Ulster University to lead an International Research Consortium on Motor Neuron Disease

A consortium led by biomedical researchers at Ulster University has been allocated funding from a $780,000 pot by the US-based Target ALS Foundation to further explore the involvement of muscles in the progression of Motor Neuron Disease.

A consortium led by biomedical researchers at Ulster University has been allocated funding from a $780,000 pot by the US-based Target ALS Foundation to further explore the involvement of muscles in the progression of Motor Neuron Disease.
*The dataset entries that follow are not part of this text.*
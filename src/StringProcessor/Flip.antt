-- ===== src/StringProcessor/Flip.antt =====
-- The flipped text again: flipping it twice, and its bytes.
use embedded_basecamp.Prelude.{
  ℕ, ◌≡◌, refl, ap, ◌∙◌, false, List, [], ◌∷◌, ◌++◌, arith, map, mem, mem-append, ◌==◌, Bool-cases,
  inl, inr, reverse, reverse-cons, reverse-reverse,
}
use embedded_basecamp.StringProcessor.Convert.{space, tokens}
use embedded_basecamp.StringProcessor.Words.{joined, flipped, tokens-cons, joined-tokens}

-- The flipped string has the words of the string, each the other way round.
abbrev SpaceFree : List (List ℕ) → Type 0
SpaceFree [] = Unit
SpaceFree (t ∷ ts) = (mem space t ≡ false) × SpaceFree ts

tokens-SpaceFree : (s : List ℕ) → SpaceFree (tokens s)
unfolding tokens
tokens-SpaceFree [] = (refl, tt)
tokens-SpaceFree (c ∷ s) =
    let (t, ts, eq) = tokens-cons s in
    let free : SpaceFree (t ∷ ts) = rw eq at (tokens-SpaceFree s) in
    elim (Bool-cases (c == space)) [
      | inl h ↦ rw h (refl, tokens-SpaceFree s)
      | inr h ↦ rw (h, eq) (ground arith, free.1)
    ]

mem-reverse : (a : ℕ) (xs : List ℕ) → mem a (reverse xs) ≡ mem a xs
mem-reverse a [] = refl
mem-reverse a (x ∷ xs) =
    rw (reverse-cons x xs, mem-append a (reverse xs) (x ∷ []), mem-reverse a xs) (ground arith)

reverse-SpaceFree : (ts : List (List ℕ)) → SpaceFree ts → SpaceFree (map reverse ts)
reverse-SpaceFree [] free = tt
reverse-SpaceFree (t ∷ ts) (here, rest) = (mem-reverse space t ∙ here, reverse-SpaceFree ts rest)

tokens-word : (w : List ℕ) → mem space w ≡ false → tokens w ≡ w ∷ []
unfolding tokens
tokens-word [] h = refl
tokens-word (c ∷ w) h =
    let other : (c == space) ≡ false = ground arith in rw (other, tokens-word w (ground arith)) refl

tokens-append : (w s : List ℕ) → mem space w ≡ false → tokens (w ++ space ∷ s) ≡ w ∷ tokens s
unfolding tokens
tokens-append [] s h = refl
tokens-append (c ∷ w) s h =
    let other : (c == space) ≡ false = ground arith in
    rw (other, tokens-append w s (ground arith)) refl

tokens-joined :
    (t : List ℕ) (ts : List (List ℕ)) → SpaceFree (t ∷ ts) → tokens (joined (t ∷ ts)) ≡ t ∷ ts
tokens-joined t [] free = tokens-word t free.0
tokens-joined t (v ∷ ts) free =
    tokens-append t (joined (v ∷ ts)) free.0 ∙ ap (λ vs. t ∷ vs) (tokens-joined v ts free.1)

reverse-all : (ts : List (List ℕ)) → map reverse (map reverse ts) ≡ ts
reverse-all [] = refl
reverse-all (t ∷ ts) = rw (reverse-reverse t, reverse-all ts) refl

pub flipped-flipped : (s : List ℕ) → flipped (flipped s) ≡ s
flipped-flipped s =
    let (t, ts, eq) = tokens-cons s in
    let free : SpaceFree (t ∷ ts) = rw eq at (tokens-SpaceFree s) in
    let again : tokens (joined (map reverse (t ∷ ts))) ≡ map reverse (t ∷ ts) =
      tokens-joined (reverse t) (map reverse ts) (reverse-SpaceFree (t ∷ ts) free) in
    rw (eq, again, reverse-all (t ∷ ts)) (rw eq at (joined-tokens s))

-- The conversion adds no 0.
pub mem-flipped : (a : ℕ) (s : List ℕ) → (space == a) ≡ false → mem a (flipped s) ≡ mem a s
mem-flipped a s other =
    let (t, ts, eq) = tokens-cons s in
    rw eq (mem-joined a t ts other) ∙ ap (mem a) (rw eq at (joined-tokens s))
  where
    mem-joined :
        (a : ℕ) (t : List ℕ) (ts : List (List ℕ))
        → (space == a) ≡ false
        → mem a (joined (map reverse (t ∷ ts))) ≡ mem a (joined (t ∷ ts))
    mem-joined a t [] other = mem-reverse a t
    mem-joined a t (v ∷ ts) other =
        rw
          (
            mem-append a (reverse t) (space ∷ joined (map reverse (v ∷ ts))),
            mem-append a t (space ∷ joined (v ∷ ts)),
            mem-reverse a t,
          )
          (ground (arith, mem-joined a v ts other))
The Target ALS Foundation is a privately funded body of researchers from academic, biotech and pharma laboratories entirely focused on finding a treatment for patients living with ALS.

ALS is the most common motor neuron disorder affecting tens of thousands of people world-wide. The fatal neuromuscular disease has an adult onset - between 40 and 70 years of age - and is characterized by the degeneration of the motor neurons, progressive muscle wasting and paralysis followed by death.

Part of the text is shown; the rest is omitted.